Никаких особенных подробностей Гурьев, разумеется, Вавилову не рассказал. Фёдор Петрович почти обо всём сам догадался. Его, рабочего с Трёхгорки, пришедшего в милицию по партийному призыву в июле восемнадцатого, трудно было провести на мякине. Ну, времечко, подумал Вавилов. И вздохнул: он ещё помнил те времена, что по сравнению с нынешними легко сошли бы за вегетарианские. Вавилов покачал снова головой, поднялся, вышел из-за стола, положил руку на плечо Гурьеву, сделавшему попытку встать:

— Сиди, сиди, сынок. Люкс, значит. Понятно.

— Вы не беспокойтесь, Фёдор Петрович.

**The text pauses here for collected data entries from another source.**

-- ===== src/Nu/Protocol.antt =====
-- What the code calls of `nu_protocol` and of the standard library's text functions, as a parameter
-- of the model, with the laws of their documentation that theorems use.
use nu_plugin_dns.Prelude.{Bool, String, Option, none, some, Res, ok, ◌≡◌, ◌≢◌, str_eq}
use nu_plugin_dns.Prelude.{if◌then◌else◌}
use nu_plugin_dns.Nu.{Value, Columns, end, column, Span, LabeledError}

-- The value of a column, if there is one.
abbrev pub get : String → Columns → Option Value
get k end = none
get k (column j v r) = if str_eq j k then some v else get k r

pub record NuProtocol : Type 0 where
  -- `Value::get_data_by_key`, which also answers for lists
  pub get_data_by_key : Value → String → Option Value
  -- `String::from_value`; its error as printed
  pub string_from_value : Value → Res String String
  -- `Value::into_string` and `Value::into_record`, their errors converted by `?`
  pub into_string : Value → Res LabeledError String
  pub into_record : Value → Res LabeledError Columns
  -- `Record::remove`, with the record that it leaves
  pub remove : Columns → String → Option Value × Columns
  -- `{:?}`
  pub debug : Value → String
  -- `Value::is_empty`
  pub is_empty : Value → Bool
  -- `str::to_uppercase`
  pub to_uppercase : String → String

-- What is documented of the calls on records and on texts.
pub record IsLawful (N : NuProtocol) : Type 0 where
  pub get_data_by_key-rec :
      (r : Columns) (s : Span) (k : String) → N.get_data_by_key (Value.rec r s) k ≡ get k r
  pub into_record-rec : (r : Columns) (s : Span) → N.into_record (Value.rec r s) ≡ ok r
  -- The removed value, and what the rest of the record still holds.
  pub remove_self : (r : Columns) (k : String) → (N.remove r k).0 ≡ get k r
  pub remove_other : (r : Columns) (k j : String) → j ≢ k → get j (N.remove r k).1 ≡ get j r
  pub into_string-string : (t : String) (s : Span) → N.into_string (Value.string t s) ≡ ok t
  pub string_from_value-string :
      (t : String) (s : Span) → N.string_from_value (Value.string t s) ≡ ok t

Я, как это называется, завязываю.

— Что так? — Вавилов остановился, облокотился на половину подоконника.

— Сейчас сделается не до того. А после, полагаю, тем более.

— Увидим, сынок. Увидим.

— Есть просьба, Фёдор Петрович.

— Давай, сынок.

— Моя знакомая. Её отец получил приглашение на работу в Париже. Нужно, чтобы они уехали до того, как всё начнётся. Паспорт поскорее оформить, помочь с формальностями. Это возможно?

— Всё возможно, ежели захотеть, — Вавилов вздохнул. — Ну и фрукт ты, сынок, ну и фрукт. Это, на самом-то деле, не ко мне, — к Варягу. Он у нас по таким делам большой дока. Я распоряжусь. А что с Полозовым твоим?

— С Полозовым? — Гурьев, осенённый неожиданной, как электрический разряд, мыслью, улыбнулся. — Полозов пускай тоже в Париж катится. Нечего ему здесь делать. Наверняка у него тоже с документами дело швах.

— Вот все они так, — Вавилов закурил очередную папиросу. — Скажи-ка на милость: получается, знали они, что так всё повернётся? Насмерть дрались ведь. Знали, а?

— Никто не знал, Федор Петрович, — тихо проговорил, опуская голову, Гурьев. — Никто. И вы не знали, и Варяг не знал. А кто знал, тех не слушали. Ни с той стороны, ни с другой. А теперь что ж? Старое чинить – глупо, потому что чинить-то нечего. Осколки какие-то, смешно говорить даже. Новое строить? Так ведь это не стройка вовсе, а подготовка к вселенскому погрому. Неудивительно, что среди людей здравомыслящих так мало желающих принимать в этом участие. Да вы ведь и сами, Фёдор Петрович, — когда остановились и огляделись, сделалось вам не по себе. А теперь – самое главное. Дальше – что?

— Что? — нахмурился Вавилов.

— То самое, Фёдор Петрович. Уедет Ирина, уедет и Полозов – воин теперь из него никакой, туберкулёз – штука препротивная. А нам – оставаться. И вам, и Варягу, и мне. Это же наша страна. А получается, что мы не можем ничего. Ни мыслей никаких, ни планов. С этими – противно. Самим – невозможно. Вот и ерундим, как Варяг говорит, помаленьку. Там жулика прихлопнем, тут рукосуя прижмём. А по-настоящему – не происходит ничего.